In the likes of CK VIneeth, Farukh Chowhdray, and Sergio Castel, Antonio Iriondo might see some glittery evenings under the Indian sky over the next five months, but even he would admit that it’s not a title-winning squad.

Another manager, who took over a new club only in the fag end of last season, is Phil Brown. With the franchise relocated and renamed from FC Pune City to Hyderabad FC now, Brown would need to rethink quite a few things and the trio of Bobô, Marcelinho, Robin Singh, and Giles Barnes, despite the handful of quality that they are, would hardly be a threat to robust backlines.

The Complete few

There are only few sides in this season’s ISL, who could boast of an attacking line-up that can adapt to opponent’s defensive traps if and when needed to emerge victorious on the other side. They aren’t the one-trick ponies but posses either extreme qualities or variegated options in the attacking third to get the job done. By the looks of it, it would be Bengaluru FC ATK, and Kerala Blasters FC. A proper striker, dynamic wingers, and a number 10 – they have it all and the better ones in every role. 

While BFC were fully aware of their inability to replace a towering Miku with Chhetri in the centre-forward role, they have stuffed that zone up with a certain Ashique Kuruniyan and Raphael Ausguto to offer a totally different dimension, one that the ISL is yet to witness. Kurunyian and Udanta Singh’s pace, Chhetri’s finishing buoyed by Augusto’s Samba skills in the playmaking role looks unparalleled.

Kerala Blasters and ATK, on the hand, have gone a different way altogether way. While BFC have chosen to upgrade their attack from last season, the other two decided to totally uproot their old one and plant in new hybrid seeds. When the likes of Halicharan Narzary, Sergio Cidoncha, and Sahal Abdul Samad decide to support Bartholomew Ogbeche under Eelco Schattorie’s masterful strategies, we should be expecting something special.

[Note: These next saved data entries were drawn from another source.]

-- ===== src/Cli/Credentials/Redaction.antt =====
-- `fmt::Debug` of crates/terminald-cli/src/args/credentials.rs and of `Credential` and `AuthConfig` of
-- crates/terminald-server/src/auth.rs: what a printed value shows. How a path is quoted is a parameter.
use terminald.Base.{◌++◌, Option, none, some, Bool, true, false, ◌≡◌, refl, Bytes, codes}
use terminald.Auth.{Credential, AuthConfig, is_enabled}
use terminald.Cli.Credentials.{CredentialArgs}

-- `Option` as `derive(Debug)` prints it.
abbrev debug_option : Option Bytes → Bytes
debug_option none = codes "None"
debug_option (some shown) = codes "Some(" ++ (shown ++ codes ")")

-- `finish_non_exhaustive`, with no field.
debug_credential : Credential → Bytes
debug_credential c = codes "Credential { .. }"

debug_auth_config : AuthConfig → Bytes
unfolding debug_credential
debug_auth_config config =
    codes "AuthConfig { credential: "
    ++ (debug_option (elim config.credential [ none ↦ none | some c ↦ some (debug_credential c) ])
        ++ codes " }")

abbrev redacted : Option Bytes → Option Bytes
redacted none = none
redacted (some secret) = some (codes "\"[REDACTED]\"")

abbrev quoted : (Bytes → Bytes) → Option Bytes → Option Bytes
quoted quote none = none
quoted quote (some path) = some (quote path)

debug_credential_args : (Bytes → Bytes) → CredentialArgs → Bytes
debug_credential_args quote args =
    codes "CredentialArgs { credential: "
    ++ (debug_option (redacted args.credential)
        ++ (codes ", credential_file: "
            ++ (debug_option (quoted quote args.credential_file) ++ codes " }")))

abbrev is_given : Option Bytes → Bool
is_given none = false
is_given (some secret) = true

redacted-is_given : (a b : Option Bytes) → is_given a ≡ is_given b → redacted a ≡ redacted b
redacted-is_given none none h = refl
redacted-is_given none (some b) h = cc
redacted-is_given (some a) none h = cc
redacted-is_given (some a) (some b) h = refl

-- What is printed of the arguments tells whether a credential was given, and nothing else of it.
debug_credential_args_redacts :
    (quote : Bytes → Bytes) (a b : CredentialArgs)
    → a.credential_file ≡ b.credential_file
    → is_given a.credential ≡ is_given b.credential
    → debug_credential_args quote a ≡ debug_credential_args quote b
unfolding debug_credential_args
debug_credential_args_redacts quote a b file given =
    let same = redacted-is_given a.credential b.credential given in rw (file, same) refl

same_shown :
    (a b : Option Credential)
    → is_enabled (record { credential = a }) ≡ is_enabled (record { credential = b })
    → debug_auth_config (record { credential = a }) ≡ debug_auth_config (record { credential = b })
unfolding debug_auth_config is_enabled
same_shown none none h = refl
same_shown none (some d) h = cc
same_shown (some c) none h = cc
same_shown (some c) (some d) h = refl

-- What is printed of a configuration tells whether authentication is on, and nothing of the credential.
debug_auth_config_redacts :
    (a b : AuthConfig) → is_enabled a ≡ is_enabled b → debug_auth_config a ≡ debug_auth_config b
debug_auth_config_redacts a b h = same_shown a.credential b.credential h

ATK take the holistic definition of an attack to a whole new level. Getting the MVP from last season’s A-league, Roy Krishna, was the first signal of intent from the two-time champions. But, they didn’t stop at that and brought in his partner David Williams as well, with whom Krishna has shared brilliant chemistry.

To further bolster their support, they added Michael Soosairaj and Jobby Justin on the flanks, which was already rich with Komal Thatal and Jayesh Rane. If the unparalleled pace and muscle up top wasn’t enough, ATK also have a seasoned Edu Garcia in the number 10 position, who could both score and provide as and when needed. However, the most complete of attacks failing in football has practically been a cliche and absolutely no one would surprised if the feat is repeated again. 

So many combinations, so many possibilities, and yet no one can put their finger on one knowing well in their heart that it’s the best.  One could club the attacks into various categories but it wouldn’t still amount to any conclusion. And that’s what football is all about – there is never the satisfaction of perfection.